- _What to produce_
The answer is all of the data, repeated exactly.

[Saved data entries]

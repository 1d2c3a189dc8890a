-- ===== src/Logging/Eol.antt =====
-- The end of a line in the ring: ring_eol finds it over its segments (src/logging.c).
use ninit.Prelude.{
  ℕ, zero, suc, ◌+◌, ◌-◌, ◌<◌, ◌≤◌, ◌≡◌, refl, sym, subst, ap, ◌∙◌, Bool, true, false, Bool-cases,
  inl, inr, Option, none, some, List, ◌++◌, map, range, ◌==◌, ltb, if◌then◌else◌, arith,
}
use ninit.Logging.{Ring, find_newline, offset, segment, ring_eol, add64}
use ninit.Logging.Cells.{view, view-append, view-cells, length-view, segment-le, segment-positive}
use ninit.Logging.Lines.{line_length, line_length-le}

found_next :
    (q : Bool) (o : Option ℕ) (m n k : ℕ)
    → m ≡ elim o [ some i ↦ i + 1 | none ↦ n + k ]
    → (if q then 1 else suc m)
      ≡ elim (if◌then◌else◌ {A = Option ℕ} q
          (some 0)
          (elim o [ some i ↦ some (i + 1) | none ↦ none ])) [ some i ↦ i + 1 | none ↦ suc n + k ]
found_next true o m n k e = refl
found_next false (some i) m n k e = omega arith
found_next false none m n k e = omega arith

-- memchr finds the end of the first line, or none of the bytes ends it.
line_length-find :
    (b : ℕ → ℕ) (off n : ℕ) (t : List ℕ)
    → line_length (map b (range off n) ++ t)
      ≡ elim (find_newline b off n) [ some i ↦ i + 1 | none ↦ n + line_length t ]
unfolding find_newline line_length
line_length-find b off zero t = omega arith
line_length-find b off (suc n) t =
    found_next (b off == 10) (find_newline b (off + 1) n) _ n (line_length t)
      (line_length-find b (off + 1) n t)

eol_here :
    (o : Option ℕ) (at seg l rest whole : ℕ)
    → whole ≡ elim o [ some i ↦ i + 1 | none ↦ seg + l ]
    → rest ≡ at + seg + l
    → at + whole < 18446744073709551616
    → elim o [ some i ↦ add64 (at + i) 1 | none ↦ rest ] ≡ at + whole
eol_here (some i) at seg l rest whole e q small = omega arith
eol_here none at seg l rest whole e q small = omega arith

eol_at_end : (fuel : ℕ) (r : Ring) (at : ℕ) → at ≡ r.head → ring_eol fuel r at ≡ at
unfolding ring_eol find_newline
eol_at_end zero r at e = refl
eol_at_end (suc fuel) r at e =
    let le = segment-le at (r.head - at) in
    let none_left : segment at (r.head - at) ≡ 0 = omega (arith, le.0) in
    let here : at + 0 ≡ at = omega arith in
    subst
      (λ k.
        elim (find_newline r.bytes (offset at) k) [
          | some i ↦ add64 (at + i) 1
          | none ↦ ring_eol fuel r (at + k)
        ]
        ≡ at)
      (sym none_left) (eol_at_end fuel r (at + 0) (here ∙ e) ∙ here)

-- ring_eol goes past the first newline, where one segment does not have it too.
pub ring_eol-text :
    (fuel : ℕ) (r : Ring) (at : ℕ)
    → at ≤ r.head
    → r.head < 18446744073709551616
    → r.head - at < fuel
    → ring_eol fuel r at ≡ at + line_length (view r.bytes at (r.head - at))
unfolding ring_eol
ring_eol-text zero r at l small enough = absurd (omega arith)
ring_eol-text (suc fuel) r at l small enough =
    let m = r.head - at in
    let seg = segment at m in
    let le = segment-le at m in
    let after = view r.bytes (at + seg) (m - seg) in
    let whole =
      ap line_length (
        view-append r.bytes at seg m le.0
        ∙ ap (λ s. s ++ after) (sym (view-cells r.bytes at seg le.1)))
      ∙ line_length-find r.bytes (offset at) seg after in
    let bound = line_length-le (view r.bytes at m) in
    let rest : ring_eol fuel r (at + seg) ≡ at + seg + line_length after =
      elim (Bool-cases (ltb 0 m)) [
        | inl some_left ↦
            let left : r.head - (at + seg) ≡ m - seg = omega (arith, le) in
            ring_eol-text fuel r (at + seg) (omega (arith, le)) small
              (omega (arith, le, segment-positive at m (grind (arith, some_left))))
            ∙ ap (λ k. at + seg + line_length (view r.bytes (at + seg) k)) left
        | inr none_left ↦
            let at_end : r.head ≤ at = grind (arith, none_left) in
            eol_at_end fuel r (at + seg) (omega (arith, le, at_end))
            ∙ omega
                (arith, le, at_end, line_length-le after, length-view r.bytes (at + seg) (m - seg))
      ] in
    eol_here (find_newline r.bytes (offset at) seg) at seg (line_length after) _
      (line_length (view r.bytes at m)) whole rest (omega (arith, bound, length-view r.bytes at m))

- _Expected output_
repository 1d2c3a189dc8890a
-- ===== src/Logging/Eol.antt =====
-- The end of a line in the ring: ring_eol finds it over its segments (src/logging.c).
use ninit.Prelude.{
  ℕ, zero, suc, ◌+◌, ◌-◌, ◌<◌, ◌≤◌, ◌≡◌, refl, sym, subst, ap, ◌∙◌, Bool, true, false, Bool-cases,
  inl, inr, Option, none, some, List, ◌++◌, map, range, ◌==◌, ltb, if◌then◌else◌, arith,
}
use ninit.Logging.{Ring, find_newline, offset, segment, ring_eol, add64}
use ninit.Logging.Cells.{view, view-append, view-cells, length-view, segment-le, segment-positive}
use ninit.Logging.Lines.{line_length, line_length-le}

found_next :
    (q : Bool) (o : Option ℕ) (m n k : ℕ)
    → m ≡ elim o [ some i ↦ i + 1 | none ↦ n + k ]
    → (if q then 1 else suc m)
      ≡ elim (if◌then◌else◌ {A = Option ℕ} q
          (some 0)
          (elim o [ some i ↦ some (i + 1) | none ↦ none ])) [ some i ↦ i + 1 | none ↦ suc n + k ]
found_next true o m n k e = refl
found_next false (some i) m n k e = omega arith
found_next false none m n k e = omega arith

-- memchr finds the end of the first line, or none of the bytes ends it.
line_length-find :
    (b : ℕ → ℕ) (off n : ℕ) (t : List ℕ)
    → line_length (map b (range off n) ++ t)
      ≡ elim (find_newline b off n) [ some i ↦ i + 1 | none ↦ n + line_length t ]
unfolding find_newline line_length
line_length-find b off zero t = omega arith
line_length-find b off (suc n) t =
    found_next (b off == 10) (find_newline b (off + 1) n) _ n (line_length t)
      (line_length-find b (off + 1) n t)

eol_here :
    (o : Option ℕ) (at seg l rest whole : ℕ)
    → whole ≡ elim o [ some i ↦ i + 1 | none ↦ seg + l ]
    → rest ≡ at + seg + l
    → at + whole < 18446744073709551616
    → elim o [ some i ↦ add64 (at + i) 1 | none ↦ rest ] ≡ at + whole
eol_here (some i) at seg l rest whole e q small = omega arith
eol_here none at seg l rest whole e q small = omega arith

eol_at_end : (fuel : ℕ) (r : Ring) (at : ℕ) → at ≡ r.head → ring_eol fuel r at ≡ at
unfolding ring_eol find_newline
eol_at_end zero r at e = refl
eol_at_end (suc fuel) r at e =
    let le = segment-le at (r.head - at) in
    let none_left : segment at (r.head - at) ≡ 0 = omega (arith, le.0) in
    let here : at + 0 ≡ at = omega arith in
    subst
      (λ k.
        elim (find_newline r.bytes (offset at) k) [
          | some i ↦ add64 (at + i) 1
          | none ↦ ring_eol fuel r (at + k)
        ]
        ≡ at)
      (sym none_left) (eol_at_end fuel r (at + 0) (here ∙ e) ∙ here)

-- ring_eol goes past the first newline, where one segment does not have it too.
pub ring_eol-text :
    (fuel : ℕ) (r : Ring) (at : ℕ)
    → at ≤ r.head
    → r.head < 18446744073709551616
    → r.head - at < fuel
    → ring_eol fuel r at ≡ at + line_length (view r.bytes at (r.head - at))
unfolding ring_eol
ring_eol-text zero r at l small enough = absurd (omega arith)
ring_eol-text (suc fuel) r at l small enough =
    let m = r.head - at in
    let seg = segment at m in
    let le = segment-le at m in
    let after = view r.bytes (at + seg) (m - seg) in
    let whole =
      ap line_length (
        view-append r.bytes at seg m le.0
        ∙ ap (λ s. s ++ after) (sym (view-cells r.bytes at seg le.1)))
      ∙ line_length-find r.bytes (offset at) seg after in
    let bound = line_length-le (view r.bytes at m) in
    let rest : ring_eol fuel r (at + seg) ≡ at + seg + line_length after =
      elim (Bool-cases (ltb 0 m)) [
        | inl some_left ↦
            let left : r.head - (at + seg) ≡ m - seg = omega (arith, le) in
            ring_eol-text fuel r (at + seg) (omega (arith, le)) small
              (omega (arith, le, segment-positive at m (grind (arith, some_left))))
            ∙ ap (λ k. at + seg + line_length (view r.bytes (at + seg) k)) left
        | inr none_left ↦
            let at_end : r.head ≤ at = grind (arith, none_left) in
            eol_at_end fuel r (at + seg) (omega (arith, le, at_end))
            ∙ omega
                (arith, le, at_end, line_length-le after, length-view r.bytes (at + seg) (m - seg))
      ] in
    eol_here (find_newline r.bytes (offset at) seg) at seg (line_length after) _
      (line_length (view r.bytes at m)) whole rest (omega (arith, bound, length-view r.bytes at m))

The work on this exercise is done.